When the whistle blew at 3 pm and 12 midnight, ending the shifts, the workers, known as steelers like our football team, would flock to my grandfather's store to buy cigars and light them at a perpetual gas flame.
The right seat at the soda fountain is where I spent happy days as a child, consuming as many chocolate sodas as I could stomach, and watching the steelers light their cigars. That's where I smoked my first cigar, a Marsh Wheeling Stogie, at at age 12.
Here is an advertisement from the Homestead Daily Messenger of Dec 9, 1922, heralding the opening of my grandfather's drugstore. The postcard captions and newspaper ad spelled the business name as Hepp's, but my maternal grandparents were named Hepps. They were from Hungary.
Marsh Big Havana Cigars, from Mifflin M. Marsh's cigar factory in Wheeling WV, were sold 6 for a quarter. A box of 50 was $2.05. The factory produced 30 million cigars a year during the 1920s, with half of them sold in the Tri-State area of Pennsylvania, Ohio and West Virginia.
United Cigars Stores of America was the first chain store offering cigars and tobacco products. Founded 1901. Had 3,000 stores across America 1926. Bankruptcy 1932. Reorganized and expanded to 1,300 stores by 1951. Essentially out of business 1962. The name still used by IMASCO Ltd., which sells to tobacconists in North America.

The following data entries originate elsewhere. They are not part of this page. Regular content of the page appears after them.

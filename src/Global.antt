-- ===== src/Global.antt =====
-- src/include/globalUtils.c: getSocket and the log.
use gproxy.Common.{
  ℕ, ◌<◌, ◌≡◌, refl, sym, ◌∙◌, Bool, true, false, Option, none, some, List, [], ◌∷◌, ◌++◌, length,
  ltb, arith, if◌then◌else◌,
}
use mathlib.Core.List.{append_assoc, append-nil}
use gproxy.Common.Outcome.{ok, fault, Cmd, pure, ◌>>=◌, ◌>>◌}
use gproxy.Common.Outcome.Returns
use gproxy.Common.Outcome.Returns.{Returns, returns}
use gproxy.Ritardatore.Util.Sockets.{Sockets, setsockopt_reuse_addr}
use gproxy.Ritardatore.Util.Sockets.Setup.{socket}

-- The descriptor, and `none` for -1. `setsockopt` fails on the -1 of a `socket` that has failed.
unfoldable pub get_socket : Cmd Sockets (Option ℕ)
unfolding socket setsockopt_reuse_addr
get_socket = do
  sockfd ← socket
  elim sockfd [
    | none ↦ pure none
    | some fd ↦ do fine ← setsockopt_reuse_addr fd; pure (if fine then some fd else none)
  ]

-- The log's file, what went to the standard output, and the flag that the date is still to be
-- written. `date` is the text that `strftime` makes, and `writable` whether `fopen` succeeds.
pub record Log : Type 0 where
  pub file : List ℕ
  pub out : List ℕ
  pub first_execution : Bool
  pub date : List ℕ
  pub writable : Bool

-- `"\n\n==================  "`, the date, and `" ==================\n\n"`
abbrev rule : List ℕ
rule =
    b'=' ∷ b'=' ∷ b'=' ∷ b'=' ∷ b'=' ∷ b'=' ∷ b'=' ∷ b'=' ∷ b'=' ∷ b'=' ∷ b'=' ∷ b'=' ∷ b'=' ∷ b'='
    ∷ b'=' ∷ b'=' ∷ b'=' ∷ b'=' ∷ []

abbrev pub banner : List ℕ → List ℕ
banner date = 10 ∷ 10 ∷ rule ++ b' ' ∷ b' ' ∷ date ++ b' ' ∷ rule ++ 10 ∷ 10 ∷ []

-- The file that cannot be opened is `NULL`, and writing to it is undefined.
unfoldable pub log_append : List ℕ → Cmd Log (Unit {0})
log_append string s =
    if s.writable
    then ok tt (record s {
      file = (if s.first_execution then s.file ++ banner s.date else s.file) ++ string;
      first_execution = false;
    })
    else fault

-- The message's line stands in an array of 1000 bytes, with its NUL.
unfoldable pub print_log : List ℕ → Cmd Log (Unit {0})
unfolding log_append
print_log message s =
    let msg = b'[' ∷ b'L' ∷ b'O' ∷ b'G' ∷ b']' ∷ b' ' ∷ message ++ 10 ∷ [] in
    if ltb (length msg) 1000 then log_append msg (record s { out = s.out ++ msg }) else fault

-- the line of a message
abbrev pub line : List ℕ → List ℕ
line message = b'[' ∷ b'L' ∷ b'O' ∷ b'G' ∷ b']' ∷ b' ' ∷ message ++ 10 ∷ []

unfoldable pub print_logs : List (List ℕ) → Cmd Log (Unit {0})
print_logs [] = pure tt
print_logs (m ∷ ms) = do print_log m; print_logs ms

pub lines : List (List ℕ) → List ℕ
lines [] = []
lines (m ∷ ms) = line m ++ lines ms

-- every message's line fits
abbrev pub AllShort : List (List ℕ) → Type 0
AllShort [] = Unit {0}
AllShort (m ∷ ms) = (length (line m) < 1000) × AllShort ms

print_logs-later :
    (ms : List (List ℕ)) (s : Log)
    → s.writable ≡ true
    → s.first_execution ≡ false
    → AllShort ms
    → Returns (λ _ t. (t.file ≡ s.file ++ lines ms) × (t.out ≡ s.out ++ lines ms)) (print_logs ms s)
unfolding print_logs print_log lines
print_logs-later [] s opens later short = returns (sym (append-nil s.file), sym (append-nil s.out))
print_logs-later (m ∷ ms) s opens later short =
    let fits : ltb (length (line m)) 1000 ≡ true = ground arith in
    rw (fits, opens, later)
      (Returns.mono
        (print_logs-later ms
          (record s {
            file = s.file ++ line m;
            out = s.out ++ line m;
            first_execution = false;
            writable = true;
          })
          refl refl short.1)
        λ _ t (file, out). (
          file ∙ append_assoc s.file (line m) (lines ms),
          out ∙ append_assoc s.out (line m) (lines ms),
        ))

-- While the log's file can be opened and every line fits its array, messages appear in order on the
-- standard output and, behind the date, which is written once, in the file.
pub print_logs-lines :
    (m : List ℕ) (ms : List (List ℕ)) (s : Log)
    → s.writable ≡ true
    → s.first_execution ≡ true
    → AllShort (m ∷ ms)
    → Returns
        (λ _ t.
          (t.file ≡ (s.file ++ banner s.date) ++ lines (m ∷ ms))
          × (t.out ≡ s.out ++ lines (m ∷ ms)))
        (print_logs (m ∷ ms) s)
unfolding print_logs print_log lines
print_logs-lines m ms s opens first short =
    let fits : ltb (length (line m)) 1000 ≡ true = ground arith in
    rw (fits, opens, first)
      (Returns.mono
        (print_logs-later ms
          (record s {
            file = (s.file ++ banner s.date) ++ line m;
            out = s.out ++ line m;
            first_execution = false;
            writable = true;
          })
          refl refl short.1)
        λ _ t (file, out). (
          file ∙ append_assoc (s.file ++ banner s.date) (line m) (lines ms),
          out ∙ append_assoc s.out (line m) (lines ms),
        ))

There were United Cigar stores on street corners in thousands of American cities and towns, mostly eastern US. Here is a cavalcade of United Cigar stores in postcard street views, plus a holiday promo postcard from December 1916 and a United Cigar stock certificate. Second card from the top shows New York's Flatiron Building topped by an illuminated United Cigars sign. The bottom postcard with the flower stands is in San Francisco.
I like the Bridgeport CT 1935 linen postcard showing the depot, the train yards and the United Cigar store with a couple of schnorrers out front, having a smoke.

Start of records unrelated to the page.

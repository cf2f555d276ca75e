-- ===== src/PacketList/Heap.antt =====
-- The memory of src/include/listUtils.c: `struct Node` and `struct Pkt` at addresses. A map for each
-- field; the packet of a node is a field of it, since every node owns the packet it points to.
use gproxy.Common.{ℕ, ◌+◌, Bool, true, false, Option, none, some, List, ltb, ◌==◌, if◌then◌else◌}
use gproxy.Common.Int.{ℤ}
use gproxy.Common.Outcome.{ok, fault, Cmd}

abbrev pub Ptr : Type 0
Ptr = ℕ

abbrev pub null : Ptr
null = 0

-- `body` holds the bytes that were written to the array, from its start.
pub record Pkt : Type 0 where
  pub id : ℕ  -- unsigned int
  pub type : ℕ  -- unsigned char
  pub body : List ℕ

-- `fresh` is the next unused address, and from `limit` on `malloc` returns `NULL`.
pub record Memory : Type 0 where
  pub live : Ptr → Bool
  pub next : Ptr → Ptr
  pub prev : Ptr → Ptr
  pub head : Ptr → Ptr
  pub length : Ptr → ℤ
  pub pkt_size : Ptr → ℤ
  pub packet : Ptr → Option Pkt  -- `none` in heads, where the code leaves it unset
  pub fresh : Ptr
  pub limit : Ptr

abbrev pub update : {A : Type 0} → (Ptr → A) → Ptr → A → Ptr → A
update f p a q = if q == p then a else f q

-- `*p` for a field
abbrev pub load : {A : Type 0} → (Memory → Ptr → A) → Ptr → Cmd Memory A
load field p h = if h.live p then ok (field h p) h else fault

-- a write to `*p`
abbrev pub store : (Memory → Memory) → Ptr → Cmd Memory (Unit {0})
store write p h = if h.live p then ok tt (write h) else fault

abbrev pub set_next : Ptr → Ptr → Cmd Memory (Unit {0})
set_next p q = store (λ h. record h { next = update h.next p q }) p

abbrev pub set_prev : Ptr → Ptr → Cmd Memory (Unit {0})
set_prev p q = store (λ h. record h { prev = update h.prev p q }) p

abbrev pub set_head : Ptr → Ptr → Cmd Memory (Unit {0})
set_head p q = store (λ h. record h { head = update h.head p q }) p

abbrev pub set_length : Ptr → ℤ → Cmd Memory (Unit {0})
set_length p n = store (λ h. record h { length = update h.length p n }) p

abbrev pub set_pkt_size : Ptr → ℤ → Cmd Memory (Unit {0})
set_pkt_size p n = store (λ h. record h { pkt_size = update h.pkt_size p n }) p

abbrev pub set_packet : Ptr → Pkt → Cmd Memory (Unit {0})
set_packet p k = store (λ h. record h { packet = update h.packet p (some k) }) p

-- `p->packet->…`
abbrev pub packet_or_fault : Option Pkt → Cmd Memory Pkt
packet_or_fault none h = fault
packet_or_fault (some k) h = ok k h

abbrev pub load_packet : Ptr → Cmd Memory Pkt
load_packet p h = if h.live p then packet_or_fault (h.packet p) h else fault

-- The object is live from here on, its fields unset: they keep what the maps held.
abbrev pub malloc : Cmd Memory Ptr
malloc h =
    if ltb h.fresh h.limit
    then ok h.fresh (record h { live = update h.live h.fresh true; fresh = h.fresh + 1 })
    else ok null h

abbrev pub free : Ptr → Cmd Memory (Unit {0})
free p = store (λ h. record h { live = update h.live p false }) p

Found this spectacular postcard online. Would love this car to be my daily driver.
The Pinterest werbsite says the late 1930s card is from Merchants Cigar & Candy Co. of Fort Lauderdale. Santa's 2 wingmen, who look fantastic, do not seem dressed for Fort Lauderdale, even in December. There is a Hav-A-Tampa window sign and what appears to be a shoe scraper on the sidewalk.